▸ **Dataset content**:

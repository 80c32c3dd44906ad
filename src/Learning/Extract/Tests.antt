-- ===== src/Learning/Extract/Tests.antt =====
-- `ExtractSpans` on concrete input.
use enzo.Prelude.{◌≡◌, refl, List, [], ◌∷◌, arith, codes, replicate, has_prefix, Shuffle-self}
use enzo.State.Agreement.{SpanObservation}
use enzo.Learning.Extract.{
  PacketContext, rounds_b, rounds_a, rounds, observe_round, observe_rounds, extract_spans,
}
use enzo.Learning.Extract.Counted.{find, Counted}
use enzo.Learning.Extract.Occurrences.{occurrences, extract_spans-occurrences}

-- The packet of TestExtractSpans_IntraPacketRepetition.
abbrev repeated : PacketContext
repeated = record {
  packet_bytes = codes "abcXdef abcYdef abcZdef";
  packet_offset = 0;
  packet_id = 1;
}

abbrev in_order : List SpanObservation → List SpanObservation
in_order obs = obs

-- Three times behind the first "abc", two behind the second, one behind the third.
six_times : occurrences (codes "abc") b'd' repeated.packet_bytes ≡ 6
unfolding has_prefix
six_times = refl

extract_spans-occurrences_example :
    Counted
      (occurrences (codes "abc") b'd' repeated.packet_bytes)
      (find (codes "abc") (codes "d") (extract_spans in_order repeated))
extract_spans-occurrences_example =
    extract_spans-occurrences in_order repeated (codes "abc") b'd' Shuffle-self (omega arith)

-- The four spans of "abca", with the lane that came first in the size.
three_spans :
    extract_spans in_order
      (record { packet_bytes = codes "abca"; packet_offset = 9; packet_id = 1 })
    ≡ record {
      const_a = codes "a";
      const_b = codes "c";
      intra_hits = 1;
      span_size = 3;
      last_seen_offset = 11;
    }
      ∷ record {
        const_a = codes "a";
        const_b = codes "a";
        intra_hits = 1;
        span_size = 4;
        last_seen_offset = 12;
      }
      ∷ record {
        const_a = codes "ab";
        const_b = codes "a";
        intra_hits = 1;
        span_size = 4;
        last_seen_offset = 12;
      }
      ∷ record {
        const_a = codes "b";
        const_b = codes "a";
        intra_hits = 1;
        span_size = 3;
        last_seen_offset = 12;
      }
      ∷ []
unfolding extract_spans rounds rounds_a rounds_b observe_rounds observe_round
three_spans = refl

-- A packet of 364 equal bytes has more occurrences of one span than `IntraHits` can hold.
too_many : occurrences (codes "a") b'a' (replicate 364 b'a') ≡ 65703
unfolding has_prefix
too_many = refl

▸ **About this task**: Each line, beginning at the one that contains "unfolding extract_spans rounds" and continuing through the end of the records, must be written out exactly, first and last included.

▸ **Result for this task**:
unfolding extract_spans rounds rounds_a rounds_b observe_rounds observe_round
three_spans = refl

-- A packet of 364 equal bytes has more occurrences of one span than `IntraHits` can hold.
too_many : occurrences (codes "a") b'a' (replicate 364 b'a') ≡ 65703
unfolding has_prefix
too_many = refl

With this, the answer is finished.